As you know I'm a big proponent of a minimalist lifestyle. That comes from a solid place of studying lifestyles in Korea and Japan where lifestyles are minimalist by necessity and by design. There's very little terrain and a lot of humans so they figured out there's simple, natural way of living.
Minimalism encompasses several areas like simplicity, frugality, low carbon footprints, anti-consumerism and non-consumerism. Minimalism is visually empowered ( I am not saying Zen is minimalism or minimalism is Zen, one is a philosophy and monastic practice, the other a lifestyle) by the aesthetics and philosophy of Zen, which I studied in person in Kyoto.
When I visited Korea and Japan I slept on heated wooden floors especially in Korea. When I visited a lot of the Zen temples in Kyoto people were required to take their shoes off and we all walked on brilliant tatami laid on top of wooden floors that were licked clean in a perfectionist way. There was no dirt between the wooden planks.
Doesn’t this amazing, peaceful environment beckon you to just lay down and sleep on the bare floor? It did beckon me and frankly I said good bye to all my Silicon Valley sitting on a computer for 14 hours back problems. I have never seen a better solution to floor covering and sleeping arrangements, as well as living arrangements.
I have a lot of art stuff and things which would be a burden to put away daily, and frankly I do not want to hide my art materials, I like to live with them in my life on a daily basis. But if I were to be asked what the most luxurious palace on earth looks like - this is it below.
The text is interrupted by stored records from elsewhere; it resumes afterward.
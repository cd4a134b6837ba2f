-- ===== src/Broker/State.antt =====
-- broker.rs: the state of a broker, its constructors, and the store of its channels.
use hotaru_mqtt.Base.{ℕ, List, [], Bool, length, Option, ◌==◌, if◌then◌else◌, Bytes}
use hotaru_mqtt.Request.{IncomingPublish, WillMessage}
use hotaru_mqtt.Request.Qos.{Qos}
use hotaru_mqtt.Packet.{ConnectPacket, PublishPacket}
use hotaru_mqtt.Safety
use hotaru_mqtt.Safety.{MqttSafety}
use hotaru_mqtt.DashMap.{str_key}
use hotaru_mqtt.Channel.{MqttChannel}
use hotaru_mqtt.Broker.Auth.{
  Authenticator, AuthResult, accept_all_authenticator, deny_all_authenticator,
}
use hotaru_mqtt.Broker.Tree.{SubscriptionTree}

abbrev pub ConnectionId : Type 0
ConnectionId = ℕ

pub record SubscriberEntry : Type 0 where
  pub connection_id : ConnectionId
  pub filters : List (Bytes × Qos)
  pub will : Option WillMessage
  pub clean_session : Bool

pub record BrokerInner : Type 0 where
  pub sessions : List (Bytes × SubscriberEntry)
  pub subscriptions : SubscriptionTree
  pub channels : ConnectionId → MqttChannel

pub record Broker (Addr : Type 0) : Type 0 where
  pub inner : BrokerInner
  pub authenticator : Authenticator Addr
  pub safety : MqttSafety

-- `Broker::build`, over the channels that exist.
unfoldable pub build :
    {Addr : Type 0} → (ConnectionId → MqttChannel) → Authenticator Addr → MqttSafety → Broker Addr
build chans auth safety = record {
  inner = record { sessions = []; subscriptions = []; channels = chans };
  authenticator = auth;
  safety = safety;
}

-- The constructors of a broker.
module _ {Addr : Type 0} (chans : ConnectionId → MqttChannel) where
  unfoldable pub new : Broker Addr
  unfolding build
  new = build chans deny_all_authenticator Safety.new

  unfoldable pub accept_all : Broker Addr
  unfolding build
  accept_all = build chans accept_all_authenticator Safety.new

  unfoldable pub with_authenticator : Authenticator Addr → Broker Addr
  unfolding build
  with_authenticator auth = build chans auth Safety.new

  unfoldable pub with_safety : MqttSafety → Broker Addr
  unfolding build
  with_safety safety = build chans deny_all_authenticator safety

  unfoldable pub accept_all_with_safety : MqttSafety → Broker Addr
  unfolding build
  accept_all_with_safety safety = build chans accept_all_authenticator safety

  unfoldable pub with_authenticator_and_safety : Authenticator Addr → MqttSafety → Broker Addr
  unfolding build
  with_authenticator_and_safety auth safety = build chans auth safety

-- What a handler of the server is given.
unfoldable pub incoming_from_packet : PublishPacket → IncomingPublish
incoming_from_packet p = record {
  topic = p.topic;
  payload = p.payload;
  qos = p.qos;
  retain = p.retain;
  dup = p.dup;
  packet_id = p.packet_id;
}

unfoldable pub authenticate :
    {Addr : Type 0} → Broker Addr → ConnectPacket → Option Addr → AuthResult
authenticate broker connect addr = broker.authenticator connect addr

abbrev pub set_channel : ConnectionId → MqttChannel → BrokerInner → BrokerInner
set_channel c ch st = record st { channels = λ d. if c == d then ch else st.channels d }

unfoldable pub session_count : {Addr : Type 0} → Broker Addr → ℕ
session_count b = length b.inner.sessions

unfoldable pub safety_of : {Addr : Type 0} → Broker Addr → MqttSafety
safety_of b = b.safety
Incidentally this is where I got a near Nirvana experience, on this tatami floor in Arashyama in Japan, looking out into this garden. None of the material things I have seen since look good to me except perhaps Japanese painted screens. I had a crush on Japanese gardens long before we saw each other in person, inexplicably, it was a love at first sight for me from looking at them in a book. We were long distance for about a dozen years.
What I learned on these journeys is that Japanese people sleep really well and are very comfortable on the floor in washable futons. I sleep on my floor in a washable futon. It seems like a very natural and hygienic way to sleep. I can wash my floors everyday even with a simple disinfecting wipe, and I can put the bedding in the washing machine every day if I want to.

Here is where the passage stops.